** Opening Given information block **
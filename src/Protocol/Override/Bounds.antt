-- ===== src/Protocol/Override/Bounds.antt =====
-- The overrides stay within their limits, and what a request does to them.
use g_carvin.Base.{
  ℕ, ◌+◌, ◌-◌, ◌≤◌, ◌≡◌, ◌⊎◌, arith, Bool, not, min, max, if◌then◌else◌, if_ind, ltb,
}
use g_carvin.System.{Machine, MotionOverride, AccessoryOverride}
use g_carvin.System.Flags.{
  system_clear_exec_motion_overrides, system_clear_exec_accessory_overrides,
}
use g_carvin.MotionControl.{coolant_stop}
use g_carvin.Protocol.Override.{
  requested_feed, new_f_override, new_r_override, requested_spindle, new_spindle_ovr,
  set_motion_overrides, motion_override_block, set_spindle_override, toggle_spindle_stop,
  coolant_set_state, toggle_coolant, accessory_override_block,
}

-- The overrides of the operator are in range.
pub record InRange (m : Machine) : Type 0 where
  pub feed_low : 10 ≤ m.f_override
  pub feed_high : m.f_override ≤ 200
  pub rapid : (m.r_override ≡ 100) ⊎ ((m.r_override ≡ 50) ⊎ (m.r_override ≡ 25))
  pub spindle_low : 50 ≤ m.spindle_speed_ovr
  pub spindle_high : m.spindle_speed_ovr ≤ 200

new_f_override-range :
    (rt : MotionOverride) (f : ℕ) → (10 ≤ new_f_override rt f) × (new_f_override rt f ≤ 200)
unfolding new_f_override
new_f_override-range rt f = omega arith

new_spindle_ovr-range :
    (rt : AccessoryOverride) (s : ℕ) → (50 ≤ new_spindle_ovr rt s) × (new_spindle_ovr rt s ≤ 200)
unfolding new_spindle_ovr
new_spindle_ovr-range rt s = omega arith

new_r_override-range :
    (rt : MotionOverride) (r : ℕ)
    → (r ≡ 100) ⊎ ((r ≡ 50) ⊎ (r ≡ 25))
    → (new_r_override rt r ≡ 100) ⊎ ((new_r_override rt r ≡ 50) ⊎ (new_r_override rt r ≡ 25))
unfolding new_r_override
new_r_override-range rt r h = ground arith

-- Same values of the three overrides.
record SameOverrides (m n : Machine) : Type 0 where
  feed : n.f_override ≡ m.f_override
  rapid : n.r_override ≡ m.r_override
  spindle : n.spindle_speed_ovr ≡ m.spindle_speed_ovr

InRange-same : {m n : Machine} → SameOverrides m n → InRange m → InRange n
InRange-same s v = ground arith

toggle_spindle_stop-same : (b : Bool) (m : Machine) → SameOverrides m (toggle_spindle_stop b m)
unfolding toggle_spindle_stop
toggle_spindle_stop-same b m = ground arith

coolant_set_state-same : (b : Bool) (m : Machine) → SameOverrides m (coolant_set_state b m)
unfolding coolant_set_state coolant_stop
coolant_set_state-same b m = ground arith

toggle_coolant-same : (b : Bool) (m : Machine) → SameOverrides m (toggle_coolant b m)
unfolding toggle_coolant
toggle_coolant-same b m = ground (arith, coolant_set_state-same (not m.modal_coolant) m)

set_motion_overrides-InRange :
    (f r : ℕ) (m : Machine)
    → InRange m
    → (10 ≤ f) × (f ≤ 200)
    → (r ≡ 100) ⊎ ((r ≡ 50) ⊎ (r ≡ 25))
    → InRange (set_motion_overrides f r m)
unfolding set_motion_overrides
set_motion_overrides-InRange f r m v hf hr = ground arith

set_spindle_override-InRange :
    (s : ℕ) (m : Machine) → InRange m → (50 ≤ s) × (s ≤ 200) → InRange (set_spindle_override s m)
unfolding set_spindle_override
set_spindle_override-InRange s m v hs = ground arith

clear_motion-InRange : (m : Machine) → InRange m → InRange (system_clear_exec_motion_overrides m)
unfolding system_clear_exec_motion_overrides
clear_motion-InRange m v = ground arith

clear_accessory-InRange :
    (m : Machine) → InRange m → InRange (system_clear_exec_accessory_overrides m)
unfolding system_clear_exec_accessory_overrides
clear_accessory-InRange m v = ground arith

motion_override_block-InRange : (m : Machine) → InRange m → InRange (motion_override_block m)
unfolding motion_override_block
motion_override_block-InRange m v =
    if_ind InRange _
      (set_motion_overrides-InRange _ _ _ (clear_motion-InRange m v) (new_f_override-range _ _)
        (new_r_override-range m.motion_override m.r_override v.rapid))
      v

accessory_override_block-InRange : (m : Machine) → InRange m → InRange (accessory_override_block m)
unfolding accessory_override_block
accessory_override_block-InRange m v =
    if_ind InRange _
      (InRange-same (toggle_coolant-same _ _) (
        InRange-same (toggle_spindle_stop-same _ _) (
          set_spindle_override-InRange _ _ (clear_accessory-InRange m v)
            (new_spindle_ovr-range _ _))))
      v

-- Whatever override commands are pending, each of the two override blocks keeps the feed override
-- between 10 and 200 percent, the rapid override at 25, 50 or 100 and the spindle override between 50
-- and 200.
pub override_blocks-InRange :
    (m : Machine)
    → InRange m
    → InRange (motion_override_block m) × InRange (accessory_override_block m)
override_blocks-InRange m v =
    (motion_override_block-InRange m v, accessory_override_block-InRange m v)

-- What the flags ask for on paper: the reset first, then each increment once, within the limits.
abbrev clamp : ℕ → ℕ → ℕ → ℕ
clamp lo hi x = max (min x hi) lo

abbrev amount : Bool → ℕ → ℕ
amount b k = if b then k else 0

-- From an override in range the result is the clamped sum of what is asked for, unless both feed
-- decrements meet an override of exactly 10 percent that no other flag moves: the byte wraps round
-- and the override jumps to 200 percent.
pub new_f_override_lem :
    (rt : MotionOverride) (f : ℕ)
    → 10 ≤ f
    → f ≤ 200
    → let start = if rt.feed_reset then 100 else f in
      let up = amount rt.feed_coarse_plus 10 + amount rt.feed_fine_plus 1 in
      let down = amount rt.feed_coarse_minus 10 + amount rt.feed_fine_minus 1 in
      new_f_override rt f
      ≡ (if ltb (start + up) down then 200 else clamp 10 200 (start + up - down))
unfolding new_f_override requested_feed
new_f_override_lem rt f lo hi = ground arith

-- The spindle override has no such gap: from a value in range the result is the clamped sum of
-- what is asked for.
new_spindle_ovr_lem :
    (rt : AccessoryOverride) (s : ℕ)
    → 50 ≤ s
    → s ≤ 200
    → let start = if rt.spindle_reset then 100 else s in
      let up = amount rt.spindle_coarse_plus 10 + amount rt.spindle_fine_plus 1 in
      let down = amount rt.spindle_coarse_minus 10 + amount rt.spindle_fine_minus 1 in
      new_spindle_ovr rt s ≡ clamp 50 200 (start + up - down)
unfolding new_spindle_ovr requested_spindle
new_spindle_ovr_lem rt s lo hi = ground arith
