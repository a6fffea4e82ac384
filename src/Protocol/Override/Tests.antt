-- ===== src/Protocol/Override/Tests.antt =====
-- The override theorems at a machine in the middle of its range.
use g_carvin.Base.{◌≡◌, arith, true}
use g_carvin.Examples.{idle_machine}
use g_carvin.System.{Machine}
use g_carvin.System.Flags.{no_motion}
use g_carvin.Protocol.Override.{new_f_override, motion_override_block, accessory_override_block}
use g_carvin.Protocol.Override.Bounds.{InRange, override_blocks-InRange, new_f_override_lem}

abbrev slower : Machine
slower = record idle_machine {
  motion_override = record no_motion { feed_coarse_minus = true; feed_fine_minus = true };
}

slower-InRange : InRange slower
slower-InRange = ground arith

override_blocks-InRange_example :
    InRange (motion_override_block slower) × InRange (accessory_override_block slower)
override_blocks-InRange_example = override_blocks-InRange slower slower-InRange

-- At 10 percent both decrements together make the feed override jump to 200 percent.
new_f_override_example : new_f_override slower.motion_override 10 ≡ 200
new_f_override_example = new_f_override_lem slower.motion_override 10 (omega arith) (omega arith)
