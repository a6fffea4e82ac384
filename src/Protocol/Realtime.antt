-- ===== src/Protocol/Realtime.antt =====
-- `protocol_exec_rt_system` of protocol.c, composed of its blocks in the order of the code. The
-- handler is atomic here; interrupts enter it only in the wait of the alarm block.
pub mod Interlock
pub mod Critical
pub mod Entry
mod Tests
use mathlib.Core.Option
use g_carvin.Base.{ℕ, ◌-◌, Bool, true, false, ◌&&◌, Option, List, ◌==◌, if◌then◌else◌}
use g_carvin.System.{
  State, cycle, hold, safety_door, homing, sleep, jog, Machine, ExecState, StepControl, log,
  report_realtime_status, st_prep_buffer,
}
use g_carvin.System.Flags.{no_exec, system_clear_exec_state_flag}
use g_carvin.Protocol.Alarm.{Interrupt, alarm_block}
use g_carvin.Protocol.Cycle.{start_block, stop_block}
use g_carvin.Protocol.Hold.{hold_block}
use g_carvin.Protocol.Override.{motion_override_block, accessory_override_block}

-- STATE_HOMING | STATE_CYCLE | STATE_HOLD | STATE_JOG | STATE_SAFETY_DOOR
abbrev pub is_busy : State → Bool
is_busy homing = true
is_busy cycle = true
is_busy hold = true
is_busy jog = true
is_busy safety_door = true
is_busy _ = false

-- The counters at the end of `report_realtime_status` in report.c that spread the work coordinate
-- and override fields over the reports.
unfoldable pub count_report : Machine → Machine
count_report m =
    let forced = m.report_wco_counter == 0 && m.report_ovr_counter == 0 in
    let ovr = if forced then 1 else m.report_ovr_counter in
    record m {
      report_wco_counter =
          if m.report_wco_counter == 0
          then (if is_busy m.state then 29 else 9)
          else m.report_wco_counter - 1;
      report_ovr_counter = if ovr == 0 then (if is_busy m.state then 19 else 9) else ovr - 1;
    }

-- Lines 261 to 264.
unfoldable pub status_block : ExecState → Machine → Machine
status_block rt m =
    if rt.status_report
    then system_clear_exec_state_flag (record no_exec { status_report = true })
        (log report_realtime_status (count_report m))
    else m

-- STATE_CYCLE | STATE_HOLD | STATE_SAFETY_DOOR | STATE_HOMING | STATE_SLEEP | STATE_JOG
abbrev pub needs_segments : State → Bool
needs_segments sleep = true
needs_segments s = is_busy s

module _ (prep_control : Machine → StepControl) where
  -- Lines 511 to 513.
  unfoldable pub prep_block : Machine → Machine
  prep_block m =
      if needs_segments m.state
      then record (log st_prep_buffer m) { step_control = prep_control m }
      else m

  -- Lines 261 to 419, on the copy `rt` of the flags.
  unfoldable pub state_blocks : ExecState → Machine → Machine
  state_blocks rt m =
      stop_block rt (start_block prep_control rt (hold_block rt (status_block rt m)))

  -- Lines 423 to 513.
  unfoldable pub override_blocks : Machine → Machine
  override_blocks m = prep_block (accessory_override_block (motion_override_block m))

  -- Lines 251 to 513. The blocks do nothing where no flag is set, as the code's `if (rt_exec)`.
  unfoldable pub after_alarm : Machine → Machine
  after_alarm m =
      if m.exec_state.reset
      then record m { abort = true }
      else override_blocks (state_blocks m.exec_state m)

  unfoldable pub protocol_exec_rt_system : List Interrupt → Machine → Option Machine
  protocol_exec_rt_system arrivals m = Option.map after_alarm (alarm_block arrivals m)
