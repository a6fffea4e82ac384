-- ===== src/Protocol/Realtime/Critical.antt =====
-- Limit alarms in `protocol_exec_rt_system` of protocol.c: only a reset ends them.
use mathlib.Core.Option
use g_carvin.Base.{
  Bool, true, false, ◌||◌, ◌≡◌, ◌⊎◌, inl, inr, refl, ap, ◌∙◌, arith, Bool-cases, if_true, if_false,
  List, [], ◌∷◌, Option, none, some, ◌==◌,
}
use g_carvin.System.{
  alarm, Machine, StepControl, log, report_alarm_message, report_feedback_message, critical_event,
}
use g_carvin.System.Flags.{
  system_set_exec_state_flag, system_clear_exec_state_flag, system_clear_exec_alarm,
  system_set_exec_alarm, system_set_exec_motion_override_flag,
  system_set_exec_accessory_override_flag,
}
use g_carvin.System.Raises.{
  OnlyRaises, set_exec-OnlyRaises, set_alarm-OnlyRaises, set_motion-OnlyRaises,
  set_accessory-OnlyRaises,
}
use g_carvin.MotionControl.{mc_reset-OnlyRaises, mc_reset-reset}
use g_carvin.Protocol.Alarm.{
  Interrupt, set_exec, set_alarm, set_motion, set_accessory, reset_button, handle, wait_for_reset,
  alarm_block, is_critical, only_reset,
}
use g_carvin.Protocol.Realtime.{after_alarm, protocol_exec_rt_system}

handle-OnlyRaises : (i : Interrupt) (m : Machine) → OnlyRaises m (handle i m)
unfolding handle
handle-OnlyRaises (set_exec e) m = set_exec-OnlyRaises e m
handle-OnlyRaises (set_alarm a) m = set_alarm-OnlyRaises a m
handle-OnlyRaises (set_motion e) m = set_motion-OnlyRaises e m
handle-OnlyRaises (set_accessory e) m = set_accessory-OnlyRaises e m
handle-OnlyRaises reset_button m = mc_reset-OnlyRaises m

-- The interrupts that set the reset flag.
abbrev pub resets : Interrupt → Bool
resets (set_exec e) = e.reset
resets reset_button = true
resets _ = false

abbrev pub any_resets : List Interrupt → Bool
any_resets [] = false
any_resets (i ∷ later) = resets i || any_resets later

handle-reset :
    (i : Interrupt) (m : Machine) → resets i ≡ true → (handle i m).exec_state.reset ≡ true
unfolding handle system_set_exec_state_flag
handle-reset (set_exec e) m r = ground arith
handle-reset (set_alarm a) m r = cc
handle-reset (set_motion e) m r = cc
handle-reset (set_accessory e) m r = cc
handle-reset reset_button m r = mc_reset-reset m

-- The wait ends with the reset flag set and the state unchanged.
abbrev Ended : Machine → Option Machine → Type 0
Ended m o = (n : Machine) × (o ≡ some n) × (n.exec_state.reset ≡ true) × (n.state ≡ m.state)

wait_stops :
    (later : List Interrupt) (m : Machine)
    → m.exec_state.reset ≡ true
    → wait_for_reset later m ≡ some m
unfolding wait_for_reset
wait_stops [] m r = rw r
wait_stops (i ∷ later) m r = rw r

wait_goes_on :
    (i : Interrupt) (later : List Interrupt) (m : Machine)
    → m.exec_state.reset ≡ false
    → wait_for_reset (i ∷ later) m ≡ wait_for_reset later (handle i m)
unfolding wait_for_reset
wait_goes_on i later m r = rw r

wait_for_reset_lem :
    (arrivals : List Interrupt) (m : Machine)
    → (m.exec_state.reset ≡ true) ⊎ (any_resets arrivals ≡ true)
    → Ended m (wait_for_reset arrivals m)
wait_for_reset_lem arrivals m (inl r) = (m, wait_stops arrivals m r, r, refl)
wait_for_reset_lem [] m (inr no_more) = cc
wait_for_reset_lem (i ∷ later) m (inr h) = elim (Bool-cases m.exec_state.reset) [
  | inl r ↦ (m, wait_stops (i ∷ later) m r, r, refl)
  | inr r ↦
      let (n, e, done, s) = wait_for_reset_lem later (handle i m) (next i later m h) in
      (n, wait_goes_on i later m r ∙ e, done, s ∙ (handle-OnlyRaises i m).state)
]
  where
    next :
        (i : Interrupt) (later : List Interrupt) (m : Machine)
        → (resets i || any_resets later) ≡ true
        → ((handle i m).exec_state.reset ≡ true) ⊎ (any_resets later ≡ true)
    next i later m h = elim (Bool-cases (resets i)) [
      | inl r ↦ inl (handle-reset i m r)
      | inr r ↦ inr (rw r at h)
    ]

handle-no_reset :
    (i : Interrupt) (m : Machine)
    → resets i ≡ false
    → m.exec_state.reset ≡ false
    → (handle i m).exec_state.reset ≡ false
unfolding handle system_set_exec_state_flag system_set_exec_alarm
    system_set_exec_motion_override_flag system_set_exec_accessory_override_flag
handle-no_reset (set_exec e) m r h = ground arith
handle-no_reset (set_alarm a) m r h = h
handle-no_reset (set_motion e) m r h = h
handle-no_reset (set_accessory e) m r h = h
handle-no_reset reset_button m r h = cc

or_false : (a b : Bool) → (a || b) ≡ false → (a ≡ false) × (b ≡ false)
or_false a b h = ground arith

wait_forever :
    (arrivals : List Interrupt) (m : Machine)
    → m.exec_state.reset ≡ false
    → any_resets arrivals ≡ false
    → wait_for_reset arrivals m ≡ none
unfolding wait_for_reset
wait_forever [] m r no_more = if_false _ _ r
wait_forever (i ∷ later) m r h =
    let (h1, h2) = or_false (resets i) (any_resets later) h in
    wait_goes_on i later m r ∙ wait_forever later (handle i m) (handle-no_reset i m h1 r) h2

-- The machine as the wait of a limit alarm finds it.
waiting : Machine → Machine
waiting m = system_clear_exec_state_flag only_reset (
    log (report_feedback_message critical_event)
      (log (report_alarm_message m.exec_alarm) (record m { state = alarm })))

waiting_lem : (m : Machine) → ((waiting m).exec_state.reset ≡ false) × ((waiting m).state ≡ alarm)
unfolding waiting system_clear_exec_state_flag
waiting_lem m = (ground arith, refl)

alarm_block-critical :
    (arrivals : List Interrupt) (m : Machine)
    → is_critical m.exec_alarm ≡ true
    → alarm_block arrivals m
      ≡ Option.map system_clear_exec_alarm (wait_for_reset arrivals (waiting m))
unfolding alarm_block waiting
alarm_block-critical arrivals m c =
    let raised : (m.exec_alarm == 0) ≡ false = ground arith in rw (raised, c)

-- With the reset flag set the rest of the pass only sets the abort flag.
abort_lem :
    (prep : Machine → StepControl) (m : Machine)
    → m.exec_state.reset ≡ true
    → after_alarm prep (system_clear_exec_alarm m) ≡ record m { exec_alarm = 0; abort = true }
unfolding after_alarm system_clear_exec_alarm
abort_lem prep m r = if_true _ _ r

-- While a hard or soft limit alarm is pending, the pass ends only by a reset: if one of the
-- arriving interrupts sets the reset flag it ends aborted, in the alarm state with the alarm
-- cleared, and if none does it never ends, whatever else is requested.
pub critical_alarm :
    (prep : Machine → StepControl) (arrivals : List Interrupt) (m : Machine)
    → is_critical m.exec_alarm ≡ true
    → ((any_resets arrivals ≡ true)
        × (n : Machine) × (protocol_exec_rt_system prep arrivals m ≡ some n)
        × (n.abort ≡ true)
        × (n.state ≡ alarm)
        × (n.exec_alarm ≡ 0))
      ⊎ ((any_resets arrivals ≡ false) × (protocol_exec_rt_system prep arrivals m ≡ none))
unfolding protocol_exec_rt_system
critical_alarm prep arrivals m c = elim (Bool-cases (any_resets arrivals)) [
  | inl h ↦
      let (w, e, r, s) = wait_for_reset_lem arrivals (waiting m) (inr h) in
      let ends : protocol_exec_rt_system prep arrivals m
          ≡ some (record w { exec_alarm = 0; abort = true }) =
        ap (Option.map (after_alarm prep))
          (alarm_block-critical arrivals m c ∙ ap (Option.map system_clear_exec_alarm) e)
        ∙ ap some (abort_lem prep w r) in
      inl (h, (record w { exec_alarm = 0; abort = true }), ends, refl, s ∙ (waiting_lem m).1, refl)
  | inr h ↦ inr (
    h,
    ap (Option.map (after_alarm prep)) (
        alarm_block-critical arrivals m c
        ∙ ap (Option.map system_clear_exec_alarm)
            (wait_forever arrivals (waiting m) (waiting_lem m).0 h)),
  )
]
** Closing Given information block **
**Directions for this task**
Look through the entries above, find each line containing "amount", and copy it.

**Reply to the task**
abbrev amount : Bool → ℕ → ℕ
amount b k = if b then k else 0
      let up = amount rt.feed_coarse_plus 10 + amount rt.feed_fine_plus 1 in
      let down = amount rt.feed_coarse_minus 10 + amount rt.feed_fine_minus 1 in
      let up = amount rt.spindle_coarse_plus 10 + amount rt.spindle_fine_plus 1 in
      let down = amount rt.spindle_coarse_minus 10 + amount rt.spindle_fine_minus 1 in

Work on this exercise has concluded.